Mr. Stoll quoted the summary of public choice theory in the Concise Encyclopedia of Economics, as pointing out that “people are guided chiefly by their own self-interests and…as such, voters ‘vote their pocketbooks,’ supporting candidates and ballot propositions they think will make them personally better off…Public choice, in other words, simply transfers the rational actor model of economic theory to the realm of politics.” It proved to be a powerful insight in the age of socialism.
We didn’t know Buchanan personally, though over the years he was generous in talking to our editorial writers and reporters. His life was a reminder of the impact an individual can have just by study and writing. Buchanan wrote more than 30 books, according to the total cited by the New York Times in a fine obituary of a scholar who stood for everything the Times seems to oppose. The question Buchanan brought into focus for us was summarized by Amity Shlaes in a column issued in the closing year of the 20th century, in which she identified Buchanan as the “reigning economic philosopher of our era.”
At the time, Miss Shlaes put the question Buchanan posed as “why, in 1999, bereft of any serious reason to maintain high taxes — we have, after all, no war, no deficit, and a president who has declared the era of big government to be over — many lawmakers, particularly Democrats, still insist on spending first and cutting later.” It turned out to be a question would come every more sharply into focus for the next decade and a half. It has rarely been in sharper relief than it is now, when America teeters on the edge of its fiscal cliff.

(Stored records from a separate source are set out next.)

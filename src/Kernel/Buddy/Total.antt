-- ===== src/Kernel/Buddy/Total.antt =====
-- `genericAllocMemoryRec` to any depth, and `genericAllocMemory`.
use tp_so.Base.{
  ℕ, zero, suc, ◌+◌, ◌/◌, ◌^◌, ◌≤◌, ◌<◌, ◌≡◌, ◌≢◌, ◌⊎◌, inl, inr, refl, ap, ◌∙◌, false, Option,
  some, ◌==◌, if◌then◌else◌, arith, lt→ltb,
}
use tp_so.Base.Maybe.{◌>>=◌, Returns}
use tp_so.Ipc.Buffer.{null}
use tp_so.Kernel.Buddy.{
  MemoryStatus, empty, partial, full, BuddyMemoryManager, mem_node_size, is_full, set_descendants,
  alloc_node, alloc_rec, end_recursive_call, set_status, count_taken,
}
use tp_so.Kernel.Buddy.Tree.{Part, free, used, halves, status_of, left_at, Node, Stands, allocate}
use tp_so.Kernel.Buddy.Frame.{lt-cases, le→ltb, le→leb, lt→leb}
use tp_so.Kernel.Buddy.Call.{Allocated, Given, alone, take-here}
use tp_so.Kernel.Buddy.Halved.{split}
use tp_so.Kernel.Buddy.Refine.{split-does, halves-does}

-- The branches of a call.
module _ (again : BuddyMemoryManager → ℕ → ℕ → Option (ℕ × BuddyMemoryManager))
    (m : BuddyMemoryManager) (a need : ℕ) (real : 0 < a) where
  alloc_node-full : (m.nodes a).status ≡ full → alloc_node again m a need ≡ some (null, m)
  unfolding alloc_node
  alloc_node-full h = ground arith

  alloc_node-halved :
      is_full (m.nodes a).status ≡ false
      → (m.nodes a).left ≢ null
      → alloc_node again m a need ≡ (
          again m (m.nodes a).left need >>= λ l.
          (if l.0 == null then again l.1 (l.1.nodes a).right need else some l) >>= λ out.
          some (out.0, end_recursive_call out.1 a))
  unfolding alloc_node
  alloc_node-halved h i = ground arith

  module _ (s : ℕ) (n : Node (m.nodes a) s empty null null) where
    alloc_node-small : s < need → alloc_node again m a need ≡ some (null, m)
    unfolding alloc_node
    alloc_node-small h = ground arith

    alloc_node-split :
        need ≤ s / 2
        → ((set_descendants m a).nodes a).left ≡ left_at a
        → alloc_node again m a need ≡ (
            again (set_descendants m a) (left_at a) need >>= λ out.
            some (out.0, end_recursive_call out.1 a))
    unfolding alloc_node
    alloc_node-split h e = ground arith

    alloc_node-take :
        need ≤ s
        → s / 2 < need
        → alloc_node again m a need
          ≡ some (a + mem_node_size, count_taken (set_status m a full) (s + mem_node_size))
    unfolding alloc_node
    alloc_node-take h i = ground arith

is_full-cases : (st : MemoryStatus) → (st ≡ full) ⊎ (is_full st ≡ false)
is_full-cases full = inl refl
is_full-cases empty = inr refl
is_full-cases partial = inr refl

-- A call does what `allocate` does, where the recursive calls do.
module _ (d need : ℕ) (large : mem_node_size ≤ need)
    (again : BuddyMemoryManager → ℕ → ℕ → Option (ℕ × BuddyMemoryManager))
    (does : (m : BuddyMemoryManager) (a s : ℕ) (p : Part)
      → Given m a s p
      → s < 2 ^ d
      → Returns (Allocated m a s (allocate d need a s p)) (again m a need)) where
  free-does :
      (m : BuddyMemoryManager) (a s : ℕ)
      → Given m a s free
      → s < 2 ^ suc d
      → Returns (Allocated m a s (allocate (suc d) need a s free)) (alloc_node again m a need)
  unfolding allocate Stands
  free-does m a s g deep =
      let n = g.stands in
      elim (lt-cases s need) [
        | inl h ↦
            rw (alloc_node-small again m a need g.above_null s n h, lt→ltb s need h)
              (alone m a s free g)
        | inr h ↦ elim (lt-cases (s / 2) need) [
          | inl i ↦
              rw
                (
                  alloc_node-take again m a need g.above_null s n h i,
                  le→ltb s need h,
                  lt→leb need (s / 2) i,
                )
                (take-here m a s (s + mem_node_size) g)
          | inr i ↦
              let left = (split m a s (omega arith) g).to_left in
              rw
                (
                  alloc_node-split again m a need g.above_null s n i left,
                  le→ltb s need h,
                  le→leb need (s / 2) i,
                )
                (split-does d need large again does m a s g deep i)
        ]
      ]

  step-does :
      (m : BuddyMemoryManager) (a s : ℕ) (p : Part)
      → Given m a s p
      → s < 2 ^ suc d
      → Returns (Allocated m a s (allocate (suc d) need a s p)) (alloc_node again m a need)
  unfolding allocate Stands
  step-does m a s free g deep = free-does m a s g deep
  step-does m a s used g deep =
      rw (alloc_node-full again m a need g.above_null g.stands.1) (alone m a s used g)
  step-does m a s (halves l r) g deep = elim (is_full-cases (status_of (halves l r))) [
    | inl h ↦
        rw (alloc_node-full again m a need g.above_null (g.stands.0.1 ∙ h), h)
          (alone m a s (halves l r) g)
    | inr h ↦
        rw
          (
            alloc_node-halved again m a need g.above_null (ap is_full g.stands.0.1 ∙ h)
                (omega (arith, g.stands.0.2)),
            h,
          )
          (halves-does d need large again does m a s l r g deep g.stands.1)
  ]

-- No part of no bytes is halved.
zero-does :
    (need : ℕ) (m : BuddyMemoryManager) (a s : ℕ) (p : Part)
    → mem_node_size ≤ need
    → Given m a s p
    → s < 1
    → Returns (Allocated m a s (allocate zero need a s p)) (alloc_rec 1 m a need)
unfolding alloc_rec allocate Stands
zero-does need m a s free large g none_there =
    rw (alloc_node-small (alloc_rec zero) m a need g.above_null s g.stands (omega arith))
      (alone m a s free g)
zero-does need m a s used large g none_there =
    rw (alloc_node-full (alloc_rec zero) m a need g.above_null g.stands.1) (alone m a s used g)
zero-does need m a s (halves l r) large g none_there = absurd (omega (arith, g.stands.1))

-- A call at most `suc d` deep does what `allocate` does on the tree.
pub alloc_rec-allocate :
    (d need : ℕ) (m : BuddyMemoryManager) (a s : ℕ) (p : Part)
    → mem_node_size ≤ need
    → Given m a s p
    → s < 2 ^ d
    → Returns (Allocated m a s (allocate d need a s p)) (alloc_rec (suc d) m a need)
unfolding alloc_rec
alloc_rec-allocate zero need m a s p large g deep = zero-does need m a s p large g deep
alloc_rec-allocate (suc d) need m a s p large g deep =
    step-does d need large (alloc_rec (suc d))
      (λ m a s p g deep. alloc_rec-allocate d need m a s p large g deep) m a s p g deep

It happens that in March the Public Choice Society, which Buchanan founded with Gordon Tullock, will gather for its 50th anniversary meeting. A call for papers has been issued, according to the society’s Web site, and the event will convene at New Orleans. It will be an illuminating event for young journalists who want to avoid the Hunger Games that the next generation faces because of the seemingly inexorable expansion of government and consequent narrowing of human freedom. If there is a way forward it will be illuminated in large part by those working in the field of economics that James Buchanan did so much to establish.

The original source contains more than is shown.